A survey has revealed that despite declining support for lockdowns and restrictions, Australians still favour tougher enforcement of public health orders and higher fines.
A poll commissioned by the Sydney-based Centre for Independent Studies (CIS) found that 39 percent of Australians believed penalties for breaching public health orders was too low. Another 47 percent thought the fines were set at the right level, and only 14 percent believed they were too high.
New South Wales (NSW) police recently amped up fines for breaching health restrictions, including $500 for not wearing a mask, $1,000 for breaching a public health order, and $5,000 for not providing details to a contact tracer, or following directions to self-isolate.
CIS commissioned YouGov to conduct the poll of 1,029 Australians between Aug. 2 to 5, producing the report, Attitudes to a Post-COVID Australia (pdf).
The survey found that 46 percent of Australians believed enforcement was too lax and not strong enough, with another 39 percent believing enforcement levels were adequate.
Police have actively encouraged Australians to contact Crime Stoppers with tip-offs on individuals breaching public health orders. In fact, following July protests against COVID lockdowns in Sydney, authorities received over 20,000 tip-offs.
“Politicians encouraging people to report their neighbours for breaching the public health orders is likely to have taken a significant toll on social cohesion,” co-author Simon Cowan said in a statement.

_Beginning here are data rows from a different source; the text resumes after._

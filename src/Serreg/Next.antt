-- ===== src/Serreg/Next.antt =====
-- modules/serreg/serreg.c: which priority is tried next.
use baresip.Prelude.{
  ℕ, ◌≡◌, ◌≤◌, ◌<◌, ◌+◌, ◌⊎◌, inl, inr, refl, sym, List, [], ◌∷◌, leb, ltb, arith, ◌^◌, ◌-◌,
  Bool-cases,
}
use baresip.Serreg.{Agent, Sreg, no_prio, least_above, inc_account_prio}

-- An agent of the list has the priority.
abbrev pub HasPrio : List Agent → ℕ → Type 0
HasPrio [] p = ⊥
HasPrio (agent ∷ agents) p = (agent.prio ≡ p) ⊎ HasPrio agents p

-- No agent of the list has a priority above `prio` and below `p`.
abbrev pub NoneBetween : List Agent → ℕ → ℕ → Type 0
NoneBetween [] prio p = Unit
NoneBetween (agent ∷ agents) prio p =
    ((agent.prio ≤ prio) ⊎ (p ≤ agent.prio)) × NoneBetween agents prio p

between_less :
    (agents : List Agent) (prio p q : ℕ)
    → q ≤ p
    → NoneBetween agents prio p
    → NoneBetween agents prio q
between_less [] prio p q h b = tt
between_less (agent ∷ agents) prio p q h (inl below, b) =
    (inl below, between_less agents prio p q h b)
between_less (agent ∷ agents) prio p q h (inr above, b) =
    (inr (omega (arith, h, above)), between_less agents prio p q h b)

least_above_result :
    (agents : List Agent) (prio p : ℕ)
    → let r = least_above prio agents p in
      (r ≤ p) × NoneBetween agents prio r × ((r ≡ p) ⊎ (HasPrio agents r × (prio < r)))
unfolding least_above
least_above_result [] prio p = (omega arith, tt, inl refl)
least_above_result (agent ∷ agents) prio p = elim (Bool-cases (leb agent.prio prio)) [
  | inl below ↦
      let (le, none_left, from) = least_above_result agents prio p in
      rw below (
        le,
        (inl (ground (arith, below)), none_left),
        elim from [ inl e ↦ inl e | inr (has, above) ↦ inr (inr has, above) ],
      )
  | inr above ↦ elim (Bool-cases (ltb agent.prio p)) [
    | inl less ↦
        let (le, none_left, from) = least_above_result agents prio agent.prio in
        rw (above, less)
          (
            ground (arith, le, less),
            (inr le, none_left),
            elim from [
              | inl e ↦ inr (inl (sym e), ground (arith, above, e))
              | inr (has, high) ↦ inr (inr has, high)
            ],
          )
    | inr more ↦
        let (le, none_left, from) = least_above_result agents prio p in
        rw (above, more)
          (
            le,
            (inr (ground (arith, le, more)), none_left),
            elim from [ inl e ↦ inl e | inr (has, high) ↦ inr (inr has, high) ],
          )
  ]
]

-- The next priority is the least one above the current one, if that is not above the largest that
-- is known, and 0 otherwise; priorities are below 2^32 - 1.
pub inc_account_prio_least :
    (sreg : Sreg) (agents : List Agent)
    → sreg.maxprio < 2 ^ 32 - 1
    → let next = (inc_account_prio sreg agents).prio in
      ((sreg.prio < next)
        × HasPrio agents next
        × NoneBetween agents sreg.prio next
        × (next ≤ sreg.maxprio))
      ⊎ ((next ≡ 0) × NoneBetween agents sreg.prio (sreg.maxprio + 1))
unfolding inc_account_prio
inc_account_prio_least sreg agents known =
    let p = least_above sreg.prio agents no_prio in
    let (le, none_left, from) = least_above_result agents sreg.prio no_prio in
    elim (Bool-cases (ltb sreg.maxprio p)) [
      | inl over ↦ rw over (
          inr (
            refl,
            between_less agents sreg.prio p (sreg.maxprio + 1) (ground (arith, over)) none_left,
          ))
      | inr within ↦ rw within elim from [
        | inl e ↦ absurd (ground (arith, e, within, known))
        | inr (has, above) ↦ inl (above, has, none_left, ground (arith, within))
      ]
    ]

“Australians may have this idealised view of ourselves as larrikins who don’t follow the rules, but in reality, we are a nation of tut-tutting ‘Karens,’” he added.

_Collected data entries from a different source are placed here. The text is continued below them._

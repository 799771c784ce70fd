-- ===== src/Serreg/Tests.antt =====
-- modules/serreg/serreg.c: two accounts, of which the first one fails.
use baresip.Prelude.{
  ℕ, ◌≡◌, ◌≤◌, ◌<◌, ◌+◌, ◌⊎◌, refl, Bool, true, false, none, some, [], ◌∷◌, List, ◌==◌, arith,
}
use baresip.Reg.{Reg, Outside, reg_failed, reg_isok}
use baresip.Ua.{ua_regfailed, all_failed, ua_isregistered, any_ok}
use baresip.Serreg.{
  Agent, Sreg, no_prio, inc_account_prio, check_registrations, count_at, max_prio, register_ok,
}
use baresip.Serreg.Next.{HasPrio, NoneBetween, inc_account_prio_least}
use baresip.Serreg.Checks.{
  AllHave, NoneAbove, has_failed, is_registered, check_registrations-AllHave,
}

abbrev client : ℕ → Reg
client handle = record {
  sipreg = some handle;
  id = 0;
  regint = 600;
  paddr = 0;
  scode = 200;
  srv = none;
  af = 0;
  calls = [];
}

abbrev sending : Outside
sending = record {
  failed = false;
  alloc = 0;
  client = 9;
  set_rwait = 0;
  set_fbregint = 0;
  send = 0;
}

abbrev agent : ℕ → Agent
agent prio = record {
  ua = record {
    acc = record {
      client = record { rwait = 0; fbregint = 0; tcpsrcport = 0 };
      regint = 600;
      outbound = false;
      outboundv = [];
      rel100 = false;
      check_origin = true;
      inreq_allowed = true;
      catchall = false;
      aor = [];
      user = [];
      host = [];
    };
    regl = client prio ∷ [];
    calls = [];
    extensionv = [];
    cuser = [];
    log = [];
  };
  prio = prio;
  has_uuid = false;
  outs = λ i. sending;
}

-- The client of the first account has failed.
abbrev fails : ℕ → Bool
fails handle = handle == 0

abbrev start : Sreg
start = record { prio = 0; maxprio = 5; ready = true; sprio = no_prio; tmr = none; failc = 0 }

abbrev both : List Agent
both = agent 0 ∷ agent 3 ∷ []

check_registrations-AllHave_example :
    let (sreg', all_failed) = check_registrations (λ h. false) fails start both in
    (((all_failed ≡ true) × AllHave start.prio (has_failed (λ h. false) fails) both)
      ⊎ ((all_failed ≡ false) × ¬ AllHave start.prio (has_failed (λ h. false) fails) both))
    × (sreg'.prio ≡ start.prio)
    × NoneAbove both sreg'.maxprio
    × ((sreg'.ready ≡ start.ready)
        ⊎ ((sreg'.ready ≡ true) × AllHave start.prio (is_registered (λ h. false) fails) both))
check_registrations-AllHave_example = check_registrations-AllHave (λ h. false) fails start both

-- The account of the priority 0 has failed, that of the priority 3 has not.
first_failed : (check_registrations (λ h. false) fails start both).1 ≡ true
unfolding check_registrations count_at max_prio ua_regfailed all_failed reg_failed ua_isregistered
    any_ok
first_failed = refl

second_left :
    (check_registrations (λ h. false) fails (register_ok (λ h. false) fails start both 3) both).1
    ≡ false
unfolding register_ok check_registrations count_at max_prio ua_regfailed all_failed reg_failed
    ua_isregistered any_ok reg_isok
second_left = refl

inc_account_prio_least_example :
    let next = (inc_account_prio start both).prio in
    ((start.prio < next)
      × HasPrio both next
      × NoneBetween both start.prio next
      × (next ≤ start.maxprio))
    ⊎ ((next ≡ 0) × NoneBetween both start.prio (start.maxprio + 1))
inc_account_prio_least_example = inc_account_prio_least start both (omega arith)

Australians were keen as well, to see an end to lockdowns, with 37 percent wanting restrictions to end as soon as possible, 34 percent wanted them to end when vaccination thresholds were met, and 10 percent believing every person should be vaccinated until restrictions were removed.

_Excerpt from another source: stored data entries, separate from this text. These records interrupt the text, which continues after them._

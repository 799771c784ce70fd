-- ===== src/Stream/Timeout.antt =====
-- src/stream.c: the RTP timeout.
use baresip.Prelude.{
  ℕ, ◌≡◌, ◌≢◌, refl, ◌<◌, ◌≤◌, ◌+◌, ◌-◌, ◌^◌, ◌%◌, true, false, ◌&&◌, not, arith, List, [], ◌∷◌,
  suc, ltb, if◌then◌else◌, Bool-cases, inl, inr,
}
use baresip.Stream.{
  SdpDir, sendrecv, dir_eq, Media, Stream, int_ltb, stream_enable, stream_enable_tx,
  stream_enable_rx, stream_close, check_rtp_handler,
}

-- The timer fires at each of the times; how often was the error handler called?
unfoldable pub ticks : (Media → SdpDir) → Stream → List ℕ → Stream × ℕ
ticks dir strm [] = (strm, 0)
ticks dir strm (now ∷ nows) =
    let (strm', called) = check_rtp_handler dir strm now in
    let (last, n) = ticks dir strm' nows in (last, if called then suc n else n)

module _ (sdp_media_dir : Media → SdpDir) where
  enable_false_errorh : (s : Stream) → (stream_enable sdp_media_dir s false).errorh ≡ s.errorh
  unfolding stream_enable stream_enable_tx stream_enable_rx
  enable_false_errorh s = ground arith

  check_errorh :
      (s : Stream) (now : ℕ)
      → let (s', called) = check_rtp_handler sdp_media_dir s now in
        (called ≡ true → (s.errorh ≡ true) × (s'.errorh ≡ false))
        × (s.errorh ≡ false → s'.errorh ≡ false)
  unfolding check_rtp_handler stream_close
  check_errorh s now = ground arith

  closed_ticks :
      (s : Stream) (nows : List ℕ) → s.errorh ≡ false → (ticks sdp_media_dir s nows).1 ≡ 0
  unfolding ticks
  closed_ticks s [] e = refl
  closed_ticks s (now ∷ nows) e =
      let s' = (check_rtp_handler sdp_media_dir s now).0 in
      let (quiet, stays) = check_errorh s now in
      ground (arith, quiet, closed_ticks s' nows (stays e))

  -- However often the timer fires and at whatever times, the error handler of a stream is called at
  -- most once.
  pub ticks-once : (s : Stream) (nows : List ℕ) → (ticks sdp_media_dir s nows).1 ≤ 1
  unfolding ticks
  ticks-once s [] = omega arith
  ticks-once s (now ∷ nows) =
      let s' = (check_rtp_handler sdp_media_dir s now).0 in
      elim (Bool-cases ((check_rtp_handler sdp_media_dir s now).1)) [
        | inl called ↦
            let closed = closed_ticks s' nows ((check_errorh s now).0 called).1 in
            ground (arith, called, closed)
        | inr silent ↦ ground (arith, silent, ticks-once s' nows)
      ]

  close_stops :
      (s : Stream)
      → let s' = (stream_close sdp_media_dir s).0 in
        (s'.tx_enabled ≡ false) × (s'.rx_enabled ≡ false)
  unfolding stream_close stream_enable stream_enable_tx stream_enable_rx
  close_stops s = ground arith

  -- `int_ltb` compares as on numbers below 2^31.
  int_ltb_small : (a b : ℕ) → a < 2 ^ 31 → b < 2 ^ 31 → int_ltb a b ≡ ltb a b
  int_ltb_small a b ha hb = ground arith

  elapsed :
      (now last : ℕ)
      → last ≤ now
      → now < last + 2 ^ 31
      → (now + 2 ^ 64 - last) % 2 ^ 32 ≡ now - last
  elapsed now last h h' = omega arith

  -- In the 24 days after the last packet, the error handler is called at a tick exactly if it was
  -- not called before, the stream sends and receives, and the time since the packet is longer than
  -- the timeout but at most an hour; the timeout is less than 2^31 ms.
  pub check_rtp_handler-called :
      (s : Stream) (now : ℕ)
      → s.ts_last ≢ 0
      → s.ts_last ≤ now
      → now < s.ts_last + 2 ^ 31
      → s.rtp_timeout < 2 ^ 31
      → (check_rtp_handler sdp_media_dir s now).1 ≡ (
          s.errorh
          && dir_eq (sdp_media_dir s.sdp) sendrecv
          && ltb s.rtp_timeout (now - s.ts_last)
          && not (ltb 3600000 (now - s.ts_last)))
  unfolding check_rtp_handler stream_close
  check_rtp_handler-called s now seen h h' small =
      let same = elapsed now s.ts_last h h' in
      let hour = int_ltb_small 3600000 (now - s.ts_last) (omega arith) (omega (arith, h')) in
      let over = int_ltb_small s.rtp_timeout (now - s.ts_last) small (omega (arith, h')) in
      rw (same, hour, over) ground (arith, seen)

In late July, the National Cabinet—an intergovernmental body involving the prime minister and state and territory leaders—agreed on a four-stage vaccination roadmap to transition the country away from frequent lockdowns and health restrictions.
The country is currently working towards the 70 percent mark, with the Australian Prime Minister Scott Morrison pushing for vaccination rates to increase.
Once 70 percent of the population is vaccinated, the next phase of the roadmap is triggered, and will see stay-at-home orders and restrictions largely removed.
Upon reaching the 80 percent threshold, Australia will begin reopening international borders. Lockdowns will need to be “highly targeted” while vaccinated residents will be exempt from domestic restrictions.
“There is considerable support for so-called ‘vaccine passports,’ with 60 percent approving of their use by state governments to regulate entry to a state, and 55 percent agreeing that business should be allowed to demand them as a condition of entry or service,” co-author Robert Carling said in a statement.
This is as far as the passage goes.